Central arteries have a monophasic pattern with only antegrade flow unlike peripheral arteries that show recoil. This is due to low arteriolar tone that ensures delivery of blood to central organs at all times. RI will however differ depending or organ requirements with the internal carotid and hepatic arteries having a lower RI (RI 0.55-0.7) than the external carotid and renal arteries (RI > 0.7) (Figure 7). RI values also change with organ state; the hepatic arterial RI in the fasting state is higher (>0.7) than that in the post prandial state (0.55-0.7). A persistently high hepatic arterial RI may be seen in patients of advanced age and diffuse peripheral microvascular (arteriolar) compression or disease, as seen in chronic hepatocellular disease (including cirrhosis), hepatic venous congestion, cold ischemia (post-transplantation), and any stage of transplant rejection. Low hepatic arterial RI may occur with proximal arterial narrowing (transplant hepatic artery stenosis, atherosclerotic disease [celiac or hepatic], arcuate ligament syndrome) and distal (peripheral) vascular shunts (post-traumatic or iatrogenic arteriovenous fistulas, cirrhosis with portal hypertension and associated arteriovenous or arterioportal shunts, Osler-Weber-Rendu syndrome with arteriovenous fistulas).

Venous Spectral Waveforms

Venous Spectral Waveforms normally show less pulsatility than arterial ones. Since the sysetmic venous system is returning blood to the heart, the flow direction is resversed compared to arterial flow. Also since blood is being transfered to the chest, changes in intrathoracic pressure will affect flow velocity with increased flow during inspiration (due to negative intrathoracic pressure) (Figure 8).

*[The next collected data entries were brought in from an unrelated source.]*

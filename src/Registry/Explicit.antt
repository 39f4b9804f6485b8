-- ===== src/Registry/Explicit.antt =====
-- `Registry::add` of src/registry.rs on configurations whose ports are all given, which are what
-- a restore adds.
use tei_manager.Base.{
  ℕ, suc, ◌+◌, ◌<◌, ◌≡◌, ◌≢◌, String, Bool, Option, none, some, List, [], ◌∷◌, ◌++◌, map, arith,
  Result, ok, err, length, All, IsDistinct, IsDistinct-middle, All-map_of, subst, sym, ◌∙◌, ap,
  All-append, str_eq, str_eq_iff, if◌then◌else◌,
}
use mathlib.Core.List.{append_assoc, map-append, append-nil}
use tei_manager.Base.Dict.{
  Dict, lookup, contains_key, insert, insert_new, lookup-none_of_All, length-insert_new,
  lookup-insert,
}
use tei_manager.Config.{InstanceConfig}
use tei_manager.Instance.{TeiInstance}
use tei_manager.Registry.{
  InstanceEvent, Registry, RegistryError, already_exists, used_ports, find_conflict, add,
  assign_port, check_conflict, check_max, assign_prometheus_port, get,
}
use tei_manager.Registry.Add.{Added, AddOutcome, add-AddOutcome, HasRoom, PrometheusFor}
use tei_manager.Registry.Invariant.{IsValid, WithinMax, add-search}
use tei_manager.Registry.Capacity.{find_conflict_unused}

-- A configuration that needs no allocation.
abbrev pub IsExplicit : InstanceConfig → Type 0
IsExplicit c = (c.port ≢ 0) × (c.prometheus_port ≢ none)

abbrev pub configs : Registry → List InstanceConfig
configs r = map (λ e. e.1.config) r.instances

-- Every instance of the registry has its ports.
abbrev pub IsPlaced : Registry → Type 0
IsPlaced r = All (λ e. IsExplicit e.1.config) r.instances

Added-IsExplicit :
    (free : ℕ → Bool) (c : InstanceConfig) (r r' : Registry) (i : TeiInstance)
    → IsValid r
    → 0 < r.instance_port_range.0
    → Added free c r r' i
    → IsExplicit i.config
Added-IsExplicit free c r r' i v low a = (
  ground (arith, a.port_for, add-search free r i.config.port v),
  prometheus c.prometheus_port a.prometheus_for,
)
  where
    prometheus :
        (asked : Option ℕ)
        → PrometheusFor free r asked i.config.prometheus_port
        → i.config.prometheus_port ≢ none
    prometheus none h = h.1
    prometheus (some p) h = ground arith

-- In a valid registry whose range starts above 0, `add` keeps every instance placed: each has a
-- port that is not 0 and a Prometheus port, which a later restore will use.
pub add-IsPlaced :
    (free : ℕ → Bool) (c : InstanceConfig) (r : Registry)
    → IsValid r
    → 0 < r.instance_port_range.0
    → IsPlaced r
    → IsPlaced (add free c r).1
add-IsPlaced free c r v low placed = go (add free c r) (add-AddOutcome free c r)
  where
    go :
        (res : Result RegistryError TeiInstance × Registry)
        → AddOutcome free c r res
        → IsPlaced res.1
    go (ok i, r') a =
        rw (a.registry, insert_new c.name i r.instances a.fresh_name)
          (All-append _ r.instances _ placed (Added-IsExplicit free c r r' i v low a, tt))
    go (err e, r') a = rw a.1 placed

abbrev added_registry : InstanceConfig → Registry → Registry
added_registry c r = record r {
  instances = insert c.name (record { config = c; cell = r.next_cell }) r.instances;
  events = r.events ++ InstanceEvent.added c.name ∷ [];
  next_cell = r.next_cell + 1;
}

-- With its ports given, a new name, no conflict and room, the configuration goes in as it is.
add_explicit :
    (free : ℕ → Bool) (c : InstanceConfig) (r : Registry)
    → IsExplicit c
    → lookup c.name r.instances ≡ none
    → find_conflict c.port r.instances ≡ none
    → HasRoom r.max_instances (length r.instances)
    → (add free c r).1 ≡ added_registry c r
unfolding add contains_key assign_port check_conflict check_max assign_prometheus_port
add_explicit free c r x new apart room = ground arith

-- `add` of one after the other, whatever each answers.
unfoldable pub add_all : (ℕ → Bool) → List InstanceConfig → Registry → Registry
add_all free [] r = r
add_all free (c ∷ cs) r = add_all free cs (add free c r).1

insert_images :
    {B : Type 0} (f : String × TeiInstance → B) (k : String) (v : TeiInstance)
    (d : Dict TeiInstance) (ys : List B)
    → lookup k d ≡ none
    → map f (insert k v d) ++ ys ≡ map f d ++ f (k, v) ∷ ys
insert_images f k v d ys new = rw (insert_new k v d new, map-append, append_assoc)

length-insert_add :
    (k : String) (v : TeiInstance) (d : Dict TeiInstance) (n : ℕ)
    → lookup k d ≡ none
    → length d + suc n ≡ length (insert k v d) + n
length-insert_add k v d n new = omega (arith, length-insert_new k v d new)

room_of : (max : Option ℕ) (n k : ℕ) → WithinMax max (n + suc k) → HasRoom max n
room_of none n k h = tt
room_of (some max) n k h = omega arith

-- Configurations with distinct names and ports, all given and no more than the limit allows, are
-- all added, in order and unchanged.
pub add_all-configs :
    (free : ℕ → Bool) (cs : List InstanceConfig) (r : Registry)
    → All IsExplicit cs
    → IsDistinct (map (λ e. e.0) r.instances ++ map (λ c. c.name) cs)
    → IsDistinct (used_ports r.instances ++ map (λ c. c.port) cs)
    → WithinMax r.max_instances (length r.instances + length cs)
    → configs (add_all free cs r) ≡ configs r ++ cs
unfolding add_all
add_all-configs free [] r x names ports room = sym (append-nil (configs r))
add_all-configs free (c ∷ cs) r x names ports room =
    let d : Dict TeiInstance = r.instances in
    let i : TeiInstance = record { config = c; cell = r.next_cell } in
    let new =
      lookup-none_of_All c.name d
        (All-map_of (λ e. e.0) _ d (IsDistinct-middle _ (map (λ b. b.name) cs) c.name names)) in
    let apart =
      find_conflict_unused c.port d (IsDistinct-middle _ (map (λ b. b.port) cs) c.port ports) in
    let added =
      add_explicit free c r x.0 new apart (room_of r.max_instances (length d) (length cs) room) in
    let rest =
      add_all-configs free cs (added_registry c r) x.1
        (subst IsDistinct (sym (insert_images (λ e. e.0) c.name i d (map (λ b. b.name) cs) new))
          names)
        (subst IsDistinct
          (sym (insert_images (λ e. e.1.config.port) c.name i d (map (λ b. b.port) cs) new)) ports)
        (subst (WithinMax r.max_instances) (length-insert_add c.name i d (length cs) new) room) in
    ap (λ s. configs (add_all free cs s)) added
    ∙ (rest ∙ insert_images (λ e. e.1.config) c.name i d cs new)

-- After a successful `add` the name finds the new instance, and every other name what it found.
pub Added-lookup :
    (free : ℕ → Bool) (c : InstanceConfig) (r r' : Registry) (i : TeiInstance) (j : String)
    → Added free c r r' i
    → get j r' ≡ (if str_eq c.name j then some i else get j r)
unfolding get
Added-lookup free c r r' i j a = rw a.registry (lookup-insert c.name j i r.instances)

-- A name that is taken is refused before anything changes.
pub add_duplicate :
    (free : ℕ → Bool) (c : InstanceConfig) (r : Registry)
    → get c.name r ≢ none
    → add free c r ≡ (err (already_exists c.name), r)
unfolding add contains_key get
add_duplicate free c r h = ground (arith, h)

-- An instance that was added is found under its name.
abbrev pub IsFound : String → Result RegistryError TeiInstance × Registry → Type 0
IsFound name (ok i, r') = get name r' ≡ some i
IsFound name (err e, r') = Unit

pub get-add : (free : ℕ → Bool) (c : InstanceConfig) (r : Registry) → IsFound c.name (add free c r)
get-add free c r = go (add free c r) (add-AddOutcome free c r)
  where
    go :
        (res : Result RegistryError TeiInstance × Registry)
        → AddOutcome free c r res
        → IsFound c.name res
    go (ok k, r') a = ground (arith, Added-lookup free c r r' k c.name a, str_eq_iff c.name c.name)
    go (err e, r') a = tt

When evaluating flow pattern in systemic veins that are closer to the heart (eg jugular and hepatic veins), changes in right atrial pressure also influence flow. Thus an ASVD waveform similar to that seen in the both jugular and hepatic veins (Figure 9 ASCD in hepatic veins) with an upward A wave corresponding to right atrial contraction, a downward S wave resulting from antrio-ventricular spetal traction caused by ventricular contraction that reduces intra-atrial pressure, a V wave that correlates with right atrial filling, and a D wave correlating with opening of the tricuspid valve. Thus an abnormal tricuspid valve (stenosis or reguritation), right heart failure or a cardiac septal defect will result in abnormal hepatic venous flow waveforms.

waveforms. The portal venous waveform differs from systemic ones in that changes in intrathoracic and right atrial pressures have less of an influence on flow due to the intervening liver. The normal portal venous waveform should gently undulate and always remain above the baseline. The peak portal velocity (V1 ) corresponds to systole, and the trough velocity (V2 ) corresponds to end diastole (Figure 10). Abnormally high pulsatility in the portal vein may be due to cardiac causes as is seen in tricuspid regurgitation and rightsided CHF or due to arteriovenous shunting (as seen in severe cirrhosis) or arteriovenous fistulas (as seen in hereditary hemorrhagic telangiectasia). Normal flow velocity in the portal vein is 16-40cm/s. Slow flow (<10cm/s) is seen in the portal vein in cases of cirrhosis with portal hypertension with no flow or flow reversal developing in severe cases. Note however that portal venous thrombosis (eg idiopathic or secondary to malignant disease) would also result in absent flow.

As is evident from the above data, Doppler ultrasound is a powerful tool that can help diagnose disease and also follow disease progression. Combining flow information with grey scale ultrasound findings can provide information that is unmatched by other imaging modalities. New flow encoding modatlities and more sensitive and low interference technologies have made Doppler ultrasound an indispensible tool in the diagnostic imaging department.